- Records supplied:

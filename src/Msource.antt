-- ===== src/Msource.antt =====
-- src/msource/msource.cpp: memory sources. A source has arenas, which dlmalloc manages, and blocks that
-- are mapped one by one; a footer below each block tells where it is from.
pub mod Align
pub mod Counter
pub mod Source
pub mod Chunks
pub mod Linking
pub mod Unlinking
pub mod Mapped
pub mod Ending
pub mod Unmapping
pub mod Aligned
pub mod Small
pub mod Returned
pub mod Tests
pub mod Release
pub mod World
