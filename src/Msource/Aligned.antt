-- ===== src/Msource/Aligned.antt =====
-- Aligned blocks: the pointer is moved up inside a larger block, with a footer below it that links to the
-- block's own.
use native.Mathlib.Nat.{div-add-mod', mul_assoc, pow-suc}
use pgasus.Common.{
  ℕ, suc, ◌+◌, ◌-◌, ◌%◌, ◌*◌, ◌/◌, ◌^◌, ◌≤◌, ◌<◌, ◌≡◌, ◌≢◌, refl, ap, ◌∙◌, true, false, some, ◌==◌,
  if◌then◌else◌, arith, Bool-cases, inl, inr,
}
use pgasus.Msource.Align.{word, align_up, is_aligned, is_aligned-mod, align_up-bounds}
use pgasus.Msource.World.{
  Memory, write, source_of, footer_to_pointer, footer_from_pointer, mmap_from_pointer,
}
use pgasus.Msource.Source.{align_block, write_footer, follow, get_footer_for_mem}

-- What the aligned pointer `q` into a block at `p` has to be.
pub record Placed (ms k sz p : ℕ) (m' : Memory) (q : ℕ) : Type 0 where
  pub aligned : is_aligned q (2 ^ k) ≡ true
  pub above : p ≤ q
  pub inside : q + sz ≤ p + (sz + 2 ^ k + 16)
  pub footer : get_footer_for_mem 2 q m' ≡ some (p - 16)
  pub source : source_of m' (p - 16) ≡ ms

-- The link is followed.
moved-Placed :
    (ms k sz p u : ℕ) (m : Memory)
    → is_aligned u (2 ^ k) ≡ true
    → 16 ≤ p
    → p + 16 ≤ u
    → u < p + 16 + 2 ^ k
    → source_of m (p - 16) ≡ ms
    → ms ≢ 0
    → Placed ms k sz p
        (write_footer (footer_from_pointer u) 0 (footer_from_pointer p) m)
        (footer_to_pointer (footer_from_pointer u))
unfolding get_footer_for_mem follow write
moved-Placed ms k sz p u m aligned low le lt source valid =
    let back : u - 16 + 16 ≡ u = omega arith in
    let own : (ms == 0) ≡ false = ground (arith, valid) in
    let fake : (if u - 16 + 8 == u - 16
          then p - 16
          else (if u - 16 == u - 16 then 0 else m (u - 16)))
        ≡ 0 =
      ground arith in
    let link : (if u - 16 + 8 == u - 16 + 8
          then p - 16
          else (if u - 16 == u - 16 + 8 then 0 else m (u - 16 + 8)))
        ≡ p - 16 =
      ground arith in
    let real : (if u - 16 + 8 == p - 16
          then p - 16
          else (if u - 16 == p - 16 then 0 else m (p - 16)))
        ≡ ms =
      ground (arith, source) in
    rw back record {
      aligned = aligned;
      above = omega arith;
      inside = omega (arith, lt);
      footer = rw (fake, link, real, own) refl;
      source = real;
    }

-- A pointer `p` of a block with a footer is aligned to `2 ^ k` inside a block with room for that: the
-- result is aligned, the block from it on has the size wanted, and the footer found from it is the block's
-- own, which still names the source.
pub align_block-Placed :
    (ms k sz p : ℕ) (m : Memory)
    → k ≤ 64
    → 16 ≤ p
    → p + (sz + 2 ^ k + 16) ≤ word
    → source_of m (p - 16) ≡ ms
    → ms ≢ 0
    → Placed ms k sz p (align_block (2 ^ k) p m).0 (align_block (2 ^ k) p m).1
unfolding align_block get_footer_for_mem follow write
align_block-Placed ms k sz p m small low room source valid =
    elim (Bool-cases (is_aligned p (2 ^ k))) [
      | inl e ↦
          let own : (m (p - 16) == 0) ≡ false = ground (arith, source, valid) in
          rw e record {
            aligned = e;
            above = omega arith;
            inside = omega arith;
            footer = rw own refl;
            source = source;
          }
      | inr e ↦
          let (aligned, le, lt) = align_up-bounds k (p + 16) small (omega (arith, room)) in
          rw e (moved-Placed ms k sz p (align_up (p + 16) (2 ^ k)) m aligned low le lt source valid)
    ]

-- 40 bytes behind a page is no multiple of 16.
odd_header : (k block : ℕ) → 4 ≤ k → block % 4096 ≡ 0 → (block + 40) % 2 ^ k ≢ 0
odd_header k block big page whole =
    let d = (block + 40) / 2 ^ k in
    let multiple : d * 2 ^ k ≡ block + 40 =
      omega (arith, div-add-mod' (block + 40) (2 ^ k), whole) in
    let sixteen : 2 ^ k ≡ 2 ^ (k - 4) * 16 = sixteenth k big in
    omega (arith, page, multiple, ap (λ x. d * x) sixteen, mul_assoc d (2 ^ (k - 4)) 16)
  where
    sixteenth : (k : ℕ) → 4 ≤ k → 2 ^ k ≡ 2 ^ (k - 4) * 16
    sixteenth k h =
        let j = k - 4 in
        let e : k ≡ suc (suc (suc (suc j))) = omega arith in
        ap (λ x. 2 ^ x) e
        ∙ omega (
          arith,
          pow-suc 2 j,
          pow-suc 2 (suc j),
          pow-suc 2 (suc (suc j)),
          pow-suc 2 (suc (suc (suc j))),
        )

-- A block mapped at a page, aligned to 16 bytes or more: the header that `free` goes back to from the
-- aligned pointer is never the block's header.
pub align_block-misses :
    (k block : ℕ) (m : Memory)
    → 4 ≤ k
    → k ≤ 64
    → block % 4096 ≡ 0
    → block + 56 + 2 ^ k ≤ word
    → mmap_from_pointer (align_block (2 ^ k) (block + 40) m).1 ≢ block
unfolding align_block
align_block-misses k block m big small page room =
    elim (Bool-cases (is_aligned (block + 40) (2 ^ k))) [
      | inl e ↦
          let whole = is_aligned-mod k (block + 40) e in absurd (odd_header k block big page whole)
      | inr e ↦
          let (aligned, le, lt) = align_up-bounds k (block + 40 + 16) small (omega (arith, room)) in
          rw e (λ z. omega (arith, le, z))
    ]
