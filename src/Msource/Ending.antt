-- ===== src/Msource/Ending.antt =====
-- The end of a source: with the last block after the last reference, or the other way round.
use pgasus.Common.{
  All, ℕ, zero, ◌⊎◌, suc, ◌+◌, ◌<◌, ◌≡◌, ◌≢◌, refl, sym, subst, ◌∙◌, true, false, some, List, [],
  ◌∷◌, ◌++◌, ◌==◌, ==_iff, if◌then◌else◌, ◌&&◌, length, map, arith, Bool-cases, inl, inr,
}
use pgasus.Msource.Counter.{refs, blocks, deref, deref-IsCount, blocks-IsCount, refs-IsCount}
use pgasus.Msource.World.{World, Arena, munmap, give_back, put_source, remove_msource}
use pgasus.Msource.Release.{
  free, destroy, unref_source, end_arena, end_arenas, end_source, unmap_chunks,
}
use pgasus.Msource.Linking.{empty-Segment}
use pgasus.Msource.Mapped.{IsSource, without, without-IsSource, free-without}

-- What is left of a source that nothing uses: its arenas are ended, it is off the list of all sources,
-- and its memory is given back last.
pub record Ended (w : World) (ms : ℕ) (w' : World) : Type 0 where
  pub forgotten : All (λ x. x ≢ ms) w'.all
  pub freed :
      w'.freed
      ≡ munmap ms (w.sources ms).mem_size
        ∷ (end_arenas (w.sources ms).arenas (remove_msource ms w)).freed

remove_msource-forgotten :
    (ms : ℕ) (w : World) → ms ≢ 0 → All (λ x. x ≢ ms) (remove_msource ms w).all
unfolding remove_msource
remove_msource-forgotten ms w valid = each w.all
  where
    each : (xs : List ℕ) → All (λ x. x ≢ ms) (map (λ x. if x == ms then 0 else x) xs)
    each [] = tt
    each (x ∷ xs) = (ground (arith, valid), each xs)

end_arena-all : (a : Arena) (w : World) → (end_arena a w).all ≡ w.all
unfolding end_arena
end_arena-all a w = elim (Bool-cases a.native) [ inl e ↦ rw e refl | inr e ↦ rw e refl ]

end_arenas-all : (arenas : List Arena) (w : World) → (end_arenas arenas w).all ≡ w.all
unfolding end_arenas
end_arenas-all [] w = refl
end_arenas-all (a ∷ []) w = end_arena-all a w
end_arenas-all (a ∷ b ∷ rest) w =
    end_arenas-all (b ∷ rest) (give_back (munmap a.at a.size) (end_arena a w)) ∙ end_arena-all a w

destroy-Ended :
    (fuel ms : ℕ) (w : World)
    → IsSource w ms [] 0 0
    → (w' : World) × (destroy (suc fuel) ms w ≡ some w') × Ended w ms w'
unfolding destroy end_source unmap_chunks
destroy-Ended fuel ms w i =
    let no_blocks : (blocks (w.sources ms).count == 0) ≡ true =
      (==_iff _ _).1 (blocks-IsCount (w.sources ms).count 0 0 i.counted) in
    let no_refs : (refs (w.sources ms).count == 0) ≡ true =
      (==_iff _ _).1 (refs-IsCount (w.sources ms).count 0 0 i.counted) in
    let no_chunks : ((w.sources ms).mmapped_chunk_head == 0) ≡ true =
      (==_iff _ _).1
        (empty-Segment w.memory ms 0 (w.sources ms).mmapped_chunk_head i.chunks.0 0 i.chunks.1) in
    (
      give_back (munmap ms (w.sources ms).mem_size)
          (end_arenas (w.sources ms).arenas (remove_msource ms w)),
      rw (no_refs, no_blocks, no_chunks) refl,
      record {
        forgotten =
            subst (All (λ x. x ≢ ms))
              (sym (end_arenas-all (w.sources ms).arenas (remove_msource ms w)))
              (remove_msource-forgotten ms w i.valid);
        freed = refl;
      },
    )

abbrev pub counted_down : (ms : ℕ) → World → World
counted_down ms w =
    put_source ms (record (w.sources ms) { count = (deref (w.sources ms).count).0 }) w

counted_down-IsSource :
    (ms : ℕ) (w : World) (xs : List ℕ) (n r : ℕ)
    → IsSource w ms xs n (suc r)
    → IsSource (counted_down ms w) ms xs n r
      × ((deref (w.sources ms).count).1 ≡ (length xs + n == 0 && r == 0))
counted_down-IsSource ms w xs n r i =
    let (count, answer) = deref-IsCount (w.sources ms).count (length xs + n) r i.counted in
    (
      record {
        valid = i.valid;
        spread = i.spread;
        chunks = rw ((==_iff ms ms).1 refl) i.chunks;
        counted = rw ((==_iff ms ms).1 refl) count;
      },
      answer,
    )

-- What becomes of a source after a change of the world to `w`: it has another use and stays as it is there,
-- or it is ended.
abbrev pub Fate : World → (ms : ℕ) → List ℕ → (n r : ℕ) → World → Type 0
Fate w ms xs n r w' =
    ((0 < length xs + n + r) × (w' ≡ w) × IsSource w' ms xs n r)
    ⊎ ((length xs + n + r ≡ 0) × Ended w ms w')

-- The last use of a source destroys it, and any other does not.
pub last_use-Fate :
    (fuel ms : ℕ) (w : World) (xs : List ℕ) (n r : ℕ)
    → IsSource w ms xs n r
    → (w' : World) × ((if length xs + n == 0 && r == 0 then destroy (suc fuel) ms w else some w)
        ≡ some w')
      × Fate w ms xs n r w'
last_use-Fate fuel ms w [] zero zero i =
    let (w', ended, e) = destroy-Ended fuel ms w i in (w', ended, inr (refl, e))
last_use-Fate fuel ms w [] zero (suc r) i =
    let used : (suc r == 0) ≡ false = ground arith in (w, rw used refl, inl (omega arith, refl, i))
last_use-Fate fuel ms w [] (suc n) r i =
    let used : (0 + suc n == 0) ≡ false = ground arith in
    (w, rw used refl, inl (omega arith, refl, i))
last_use-Fate fuel ms w (x ∷ xs) n r i =
    let used : (suc (length xs) + n == 0) ≡ false = ground arith in
    (w, rw used refl, inl (omega arith, refl, i))

-- The end of a reference: the source lives on with its other references and blocks, and is destroyed
-- when there are none.
pub unref_source-Fate :
    (fuel ms : ℕ) (w : World) (xs : List ℕ) (n r : ℕ)
    → IsSource w ms xs n (suc r)
    → (w' : World) × (unref_source (suc fuel) ms w ≡ some w')
      × Fate (counted_down ms w) ms xs n r w'
unfolding unref_source
unref_source-Fate fuel ms w xs n r i =
    let (i', answer) = counted_down-IsSource ms w xs n r i in
    rw answer (last_use-Fate fuel ms (counted_down ms w) xs n r i')

-- Release of a mapped block `c` anywhere in the list of its source: the block goes off the list and back
-- to the system, one block fewer is counted, and the source is destroyed if that was its last use.
pub free-Fate :
    (fuel ms c : ℕ) (w : World) (xs ys : List ℕ) (n r : ℕ)
    → IsSource w ms (xs ++ (c ∷ ys)) n r
    → (w' : World) × (free (suc fuel) (c + 40) w ≡ some w')
      × Fate (without ms c w) ms (xs ++ ys) n r w'
free-Fate fuel ms c w xs ys n r i =
    let (i', answer) = without-IsSource ms c w xs ys n r i in
    rw (free-without fuel ms c w xs ys n r i, answer)
      (last_use-Fate fuel ms (without ms c w) (xs ++ ys) n r i')
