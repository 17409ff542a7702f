-- ===== src/Resources/Ids.antt =====
-- `_counter_id`, `_encoder_id`, `_dac_id`: one number for each name.
use Prim.Native.String.{String}
use teensy_io.Base.{
  ℕ, suc, ◌+◌, ◌<◌, List, [], ◌∷◌, ◌++◌, length, Option-cases, Option, none, some, if◌then◌else◌,
  Bool-cases,
}
use teensy_io.Base.{◌≡◌, ◌↔◌, ◌≤◌, sym, ap, ◌∙◌, refl, arith, inl, inr}
use mathlib.Core.Path.{subst}
use mathlib.Core.Option.{some-injective}
use text.Mathlib.TextEquality.{eq_iff}
use teensy_io.Resources.{text_eq}

-- The dictionary, in the order in which the names came.
unfoldable pub find_id : String → List (String × ℕ) → Option ℕ
find_id name [] = none
find_id name ((n, id) ∷ rest) = if text_eq name n then some id else find_id name rest

unfoldable pub id_for : String → List (String × ℕ) → ℕ × List (String × ℕ)
unfolding find_id
id_for name ids = elim (find_id name ids) [
  | some id ↦ (id, ids)
  | none ↦ (length ids, ids ++ (name, length ids) ∷ [])
]

-- The numbers count the names, from `n`.
abbrev pub Numbered : ℕ → List (String × ℕ) → Type 0
Numbered n [] = Unit {0}
Numbered n ((name, id) ∷ ids) = (id ≡ n) × Numbered (suc n) ids

Numbered-append :
    (n : ℕ) (ids : List (String × ℕ)) (name : String)
    → Numbered n ids
    → Numbered n (ids ++ (name, n + length ids) ∷ [])
Numbered-append n [] name h = (omega arith, tt)
Numbered-append n ((a, id) ∷ ids) name (e, h) = (
  e,
  subst (λ k. Numbered (suc n) (ids ++ (name, k) ∷ [])) (shift n (length ids))
      (Numbered-append (suc n) ids name h),
)
  where
    shift : (n k : ℕ) → suc n + k ≡ n + suc k
    shift n k = omega arith

find_id-bounds :
    (name : String) (n id : ℕ) (ids : List (String × ℕ))
    → Numbered n ids
    → find_id name ids ≡ some id
    → (n ≤ id) × (id < n + length ids)
unfolding find_id
find_id-bounds name n id [] h e = absurd (cc)
find_id-bounds name n id ((a, i) ∷ ids) (f, h) e = elim (Bool-cases (text_eq name a)) [
  | inl same ↦ ground arith
  | inr other ↦
      let (lo, hi) = find_id-bounds name (suc n) id ids h (ground arith) in
      (omega arith, omega arith)
]

-- One number belongs to one name.
find_id-injective :
    (a b : String) (n id : ℕ) (ids : List (String × ℕ))
    → Numbered n ids
    → find_id a ids ≡ some id
    → find_id b ids ≡ some id
    → a ≡ b
unfolding find_id
find_id-injective a b n id [] h e f = absurd (cc)
find_id-injective a b n id ((c, i) ∷ ids) (g, h) e f = elim (Bool-cases (text_eq a c)) [
  | inl first_a ↦ elim (Bool-cases (text_eq b c)) [
    | inl first_b ↦ (eq_iff a c).0 first_a ∙ sym ((eq_iff b c).0 first_b)
    | inr later_b ↦
        let (lo, _) = find_id-bounds b (suc n) id ids h (ground arith) in absurd (ground arith)
  ]
  | inr later_a ↦ elim (Bool-cases (text_eq b c)) [
    | inl first_b ↦
        let (lo, _) = find_id-bounds a (suc n) id ids h (ground arith) in absurd (ground arith)
    | inr later_b ↦ find_id-injective a b (suc n) id ids h (ground arith) (ground arith)
  ]
]

find_id-append :
    (a b : String) (id new : ℕ) (ids : List (String × ℕ))
    → find_id a ids ≡ some id
    → find_id a (ids ++ (b, new) ∷ []) ≡ some id
unfolding find_id
find_id-append a b id new [] e = absurd (cc)
find_id-append a b id new ((c, i) ∷ ids) e = elim (Bool-cases (text_eq a c)) [
  | inl same ↦ ground arith
  | inr other ↦ rw other (find_id-append a b id new ids (ground arith))
]

find_id-new :
    (a : String) (new : ℕ) (ids : List (String × ℕ))
    → find_id a ids ≡ none
    → find_id a (ids ++ (a, new) ∷ []) ≡ some new
unfolding find_id
find_id-new a new [] e = rw ((eq_iff a a).1 refl) refl
find_id-new a new ((c, i) ∷ ids) e = elim (Bool-cases (text_eq a c)) [
  | inl same ↦ absurd (ground arith)
  | inr other ↦ rw other (find_id-new a new ids (ground arith))
]

-- A call of `_…_id`: what it returns stands in the dictionary after it, and nothing is forgotten.
module _ (name : String) (ids : List (String × ℕ)) where
  id_for-found : find_id name (id_for name ids).1 ≡ some (id_for name ids).0
  unfolding id_for
  id_for-found = elim (Option-cases (find_id name ids)) [
    | inl unknown ↦ rw (unknown, id_for) (find_id-new name (length ids) ids unknown)
    | inr (id, known) ↦ rw (known, id_for) known
  ]

  id_for-keeps :
      (a : String) (id : ℕ) → find_id a ids ≡ some id → find_id a (id_for name ids).1 ≡ some id
  unfolding id_for
  id_for-keeps a id e = elim (Option-cases (find_id name ids)) [
    | inl unknown ↦ rw (unknown, id_for) (find_id-append a name id (length ids) ids e)
    | inr (i, known) ↦ rw (known, id_for) e
  ]

  pub id_for-Numbered : Numbered 0 ids → Numbered 0 (id_for name ids).1
  unfolding id_for
  id_for-Numbered h = elim (Option-cases (find_id name ids)) [
    | inl unknown ↦
        rw (unknown, id_for)
          (subst (λ k. Numbered 0 (ids ++ (name, k) ∷ [])) (omega arith)
            (Numbered-append 0 ids name h))
    | inr (i, known) ↦ rw (known, id_for) h
  ]

-- Two names get the same number exactly if they are the same name, whatever names were numbered
-- before them; and the numbers go on counting the names from 0.
pub id_for-injective :
    (a b : String) (ids : List (String × ℕ))
    → Numbered 0 ids
    → (let first = id_for a ids in
        let second = id_for b first.1 in ((first.0 ≡ second.0) ↔ (a ≡ b)) × Numbered 0 second.1)
id_for-injective a b ids h =
    let first = id_for a ids in
    let second = id_for b first.1 in
    let kept = id_for-keeps b first.1 a first.0 (id_for-found a ids) in
    let numbered = id_for-Numbered b first.1 (id_for-Numbered a ids h) in
    (
      (
        (λ same.
            find_id-injective a b 0 first.0 second.1 numbered kept
              (id_for-found b first.1 ∙ ap some (sym same))),
        (λ same.
            some-injective first.0 second.0
              (sym kept ∙ ap (λ n. find_id n second.1) same ∙ id_for-found b first.1)),
      ),
      numbered,
    )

- What you should do: In the listing above, find the line with "a new ids (ground arith))" and the line with "(a b : String) (ids : List (String × ℕ))"; set down exactly those two lines and every line between them, nothing more.

- Response area:
  | inr other ↦ rw other (find_id-new a new ids (ground arith))
]

-- A call of `_…_id`: what it returns stands in the dictionary after it, and nothing is forgotten.
module _ (name : String) (ids : List (String × ℕ)) where
  id_for-found : find_id name (id_for name ids).1 ≡ some (id_for name ids).0
  unfolding id_for
  id_for-found = elim (Option-cases (find_id name ids)) [
    | inl unknown ↦ rw (unknown, id_for) (find_id-new name (length ids) ids unknown)
    | inr (id, known) ↦ rw (known, id_for) known
  ]

  id_for-keeps :
      (a : String) (id : ℕ) → find_id a ids ≡ some id → find_id a (id_for name ids).1 ≡ some id
  unfolding id_for
  id_for-keeps a id e = elim (Option-cases (find_id name ids)) [
    | inl unknown ↦ rw (unknown, id_for) (find_id-append a name id (length ids) ids e)
    | inr (i, known) ↦ rw (known, id_for) e
  ]

  pub id_for-Numbered : Numbered 0 ids → Numbered 0 (id_for name ids).1
  unfolding id_for
  id_for-Numbered h = elim (Option-cases (find_id name ids)) [
    | inl unknown ↦
        rw (unknown, id_for)
          (subst (λ k. Numbered 0 (ids ++ (name, k) ∷ [])) (omega arith)
            (Numbered-append 0 ids name h))
    | inr (i, known) ↦ rw (known, id_for) h
  ]

-- Two names get the same number exactly if they are the same name, whatever names were numbered
-- before them; and the numbers go on counting the names from 0.
pub id_for-injective :
    (a b : String) (ids : List (String × ℕ))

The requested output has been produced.